→ TASK INPUT:
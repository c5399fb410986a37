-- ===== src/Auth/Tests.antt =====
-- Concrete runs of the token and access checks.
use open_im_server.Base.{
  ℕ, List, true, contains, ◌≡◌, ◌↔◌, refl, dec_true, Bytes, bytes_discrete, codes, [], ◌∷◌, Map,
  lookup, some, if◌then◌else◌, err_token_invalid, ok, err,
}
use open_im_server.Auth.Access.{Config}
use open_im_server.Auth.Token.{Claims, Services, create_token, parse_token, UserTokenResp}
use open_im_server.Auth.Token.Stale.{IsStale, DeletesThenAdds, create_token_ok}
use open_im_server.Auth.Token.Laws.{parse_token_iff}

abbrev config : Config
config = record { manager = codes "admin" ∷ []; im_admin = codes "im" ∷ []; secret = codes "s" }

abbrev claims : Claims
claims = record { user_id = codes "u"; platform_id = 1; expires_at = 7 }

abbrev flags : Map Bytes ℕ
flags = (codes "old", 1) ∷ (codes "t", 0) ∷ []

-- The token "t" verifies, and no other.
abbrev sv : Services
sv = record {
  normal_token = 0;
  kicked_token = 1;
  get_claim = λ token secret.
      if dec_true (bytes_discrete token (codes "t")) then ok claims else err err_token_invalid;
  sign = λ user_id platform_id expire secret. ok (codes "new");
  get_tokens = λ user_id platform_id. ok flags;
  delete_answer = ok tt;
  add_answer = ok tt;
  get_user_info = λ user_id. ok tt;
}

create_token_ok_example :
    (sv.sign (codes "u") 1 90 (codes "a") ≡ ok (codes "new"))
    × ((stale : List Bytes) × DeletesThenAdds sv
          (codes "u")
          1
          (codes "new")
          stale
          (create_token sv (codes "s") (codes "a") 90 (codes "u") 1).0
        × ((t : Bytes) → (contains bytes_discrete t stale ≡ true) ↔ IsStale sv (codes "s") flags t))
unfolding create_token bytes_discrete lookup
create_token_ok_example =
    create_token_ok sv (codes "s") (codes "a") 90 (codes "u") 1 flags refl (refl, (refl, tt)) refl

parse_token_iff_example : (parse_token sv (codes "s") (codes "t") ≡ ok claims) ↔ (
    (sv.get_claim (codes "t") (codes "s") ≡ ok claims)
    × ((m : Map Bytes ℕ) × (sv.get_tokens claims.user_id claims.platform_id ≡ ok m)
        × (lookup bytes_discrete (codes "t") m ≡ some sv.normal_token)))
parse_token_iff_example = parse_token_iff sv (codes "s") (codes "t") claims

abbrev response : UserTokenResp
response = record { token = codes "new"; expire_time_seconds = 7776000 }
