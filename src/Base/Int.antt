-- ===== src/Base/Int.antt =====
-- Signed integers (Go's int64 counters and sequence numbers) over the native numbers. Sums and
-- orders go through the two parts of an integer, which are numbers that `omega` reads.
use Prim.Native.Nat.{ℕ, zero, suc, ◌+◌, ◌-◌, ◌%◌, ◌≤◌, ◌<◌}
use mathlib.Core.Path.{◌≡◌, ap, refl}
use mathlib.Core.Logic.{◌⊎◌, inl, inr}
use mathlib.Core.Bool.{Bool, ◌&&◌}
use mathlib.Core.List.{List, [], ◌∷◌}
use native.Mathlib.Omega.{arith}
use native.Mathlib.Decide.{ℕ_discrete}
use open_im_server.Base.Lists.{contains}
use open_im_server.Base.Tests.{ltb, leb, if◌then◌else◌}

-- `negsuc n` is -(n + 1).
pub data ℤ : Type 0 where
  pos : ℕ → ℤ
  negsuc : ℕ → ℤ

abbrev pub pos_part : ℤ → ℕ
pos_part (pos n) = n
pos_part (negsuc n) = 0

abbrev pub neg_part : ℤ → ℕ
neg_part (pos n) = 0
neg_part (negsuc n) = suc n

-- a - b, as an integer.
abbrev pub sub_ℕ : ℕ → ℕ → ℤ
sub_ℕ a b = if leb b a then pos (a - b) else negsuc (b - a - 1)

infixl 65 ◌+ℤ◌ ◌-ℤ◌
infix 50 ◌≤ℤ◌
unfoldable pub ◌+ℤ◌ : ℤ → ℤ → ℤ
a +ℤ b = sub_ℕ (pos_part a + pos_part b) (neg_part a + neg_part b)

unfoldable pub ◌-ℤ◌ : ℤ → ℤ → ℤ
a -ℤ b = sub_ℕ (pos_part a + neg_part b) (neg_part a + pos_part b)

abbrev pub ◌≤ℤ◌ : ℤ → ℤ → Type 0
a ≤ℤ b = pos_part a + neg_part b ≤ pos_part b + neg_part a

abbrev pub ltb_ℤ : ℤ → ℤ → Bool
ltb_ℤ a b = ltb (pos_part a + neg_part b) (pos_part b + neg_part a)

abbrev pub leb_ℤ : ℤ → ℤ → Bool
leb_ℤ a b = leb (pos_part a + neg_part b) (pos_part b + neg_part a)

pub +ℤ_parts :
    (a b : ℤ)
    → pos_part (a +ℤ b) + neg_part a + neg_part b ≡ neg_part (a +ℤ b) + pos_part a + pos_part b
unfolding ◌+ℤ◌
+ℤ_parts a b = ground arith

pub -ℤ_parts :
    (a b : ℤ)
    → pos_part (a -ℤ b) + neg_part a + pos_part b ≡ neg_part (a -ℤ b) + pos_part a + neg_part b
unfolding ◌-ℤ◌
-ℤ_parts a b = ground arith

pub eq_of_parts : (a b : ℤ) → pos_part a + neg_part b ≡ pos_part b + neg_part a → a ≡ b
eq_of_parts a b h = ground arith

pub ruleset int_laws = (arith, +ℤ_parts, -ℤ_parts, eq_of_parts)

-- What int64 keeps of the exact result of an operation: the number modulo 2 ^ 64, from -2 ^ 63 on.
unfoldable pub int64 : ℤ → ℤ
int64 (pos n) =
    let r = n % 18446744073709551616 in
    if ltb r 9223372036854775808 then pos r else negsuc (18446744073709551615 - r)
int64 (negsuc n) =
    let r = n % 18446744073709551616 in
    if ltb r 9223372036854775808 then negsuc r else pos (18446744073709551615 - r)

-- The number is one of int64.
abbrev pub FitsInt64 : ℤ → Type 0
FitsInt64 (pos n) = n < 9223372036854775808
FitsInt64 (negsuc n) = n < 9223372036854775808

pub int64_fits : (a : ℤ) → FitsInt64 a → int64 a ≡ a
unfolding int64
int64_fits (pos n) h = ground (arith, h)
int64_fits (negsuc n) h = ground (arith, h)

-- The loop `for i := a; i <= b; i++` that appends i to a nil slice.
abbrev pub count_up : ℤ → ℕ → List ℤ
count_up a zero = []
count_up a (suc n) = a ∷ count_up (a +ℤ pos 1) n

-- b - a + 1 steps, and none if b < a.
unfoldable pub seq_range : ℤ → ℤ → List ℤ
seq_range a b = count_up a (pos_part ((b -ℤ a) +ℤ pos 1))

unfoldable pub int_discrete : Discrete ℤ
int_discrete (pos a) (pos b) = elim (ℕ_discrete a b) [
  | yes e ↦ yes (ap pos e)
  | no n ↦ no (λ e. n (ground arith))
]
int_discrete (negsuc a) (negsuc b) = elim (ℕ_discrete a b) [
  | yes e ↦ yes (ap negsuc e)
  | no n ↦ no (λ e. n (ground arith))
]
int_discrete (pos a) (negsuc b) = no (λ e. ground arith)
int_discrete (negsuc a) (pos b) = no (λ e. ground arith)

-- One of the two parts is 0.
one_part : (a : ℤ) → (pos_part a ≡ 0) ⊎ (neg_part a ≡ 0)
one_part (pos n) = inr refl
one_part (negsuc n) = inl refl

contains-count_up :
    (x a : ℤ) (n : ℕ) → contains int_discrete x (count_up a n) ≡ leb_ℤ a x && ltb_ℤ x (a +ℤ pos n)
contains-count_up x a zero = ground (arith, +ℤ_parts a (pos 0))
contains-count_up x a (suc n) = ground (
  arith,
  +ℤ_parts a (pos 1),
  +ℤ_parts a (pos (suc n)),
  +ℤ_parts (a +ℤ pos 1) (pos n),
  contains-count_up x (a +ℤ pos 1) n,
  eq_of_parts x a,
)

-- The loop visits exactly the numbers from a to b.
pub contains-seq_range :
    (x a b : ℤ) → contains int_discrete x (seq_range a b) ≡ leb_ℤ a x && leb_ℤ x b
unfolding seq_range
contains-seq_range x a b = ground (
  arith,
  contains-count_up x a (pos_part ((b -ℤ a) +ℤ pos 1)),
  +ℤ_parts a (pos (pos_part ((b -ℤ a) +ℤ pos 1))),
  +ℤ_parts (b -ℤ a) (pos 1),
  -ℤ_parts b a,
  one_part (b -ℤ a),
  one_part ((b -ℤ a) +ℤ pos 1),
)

→ WORK ITEM:
If a line in the entries holds the string "lookup", count it, then state the total and nothing more.

→ COMPLETED TASK:
3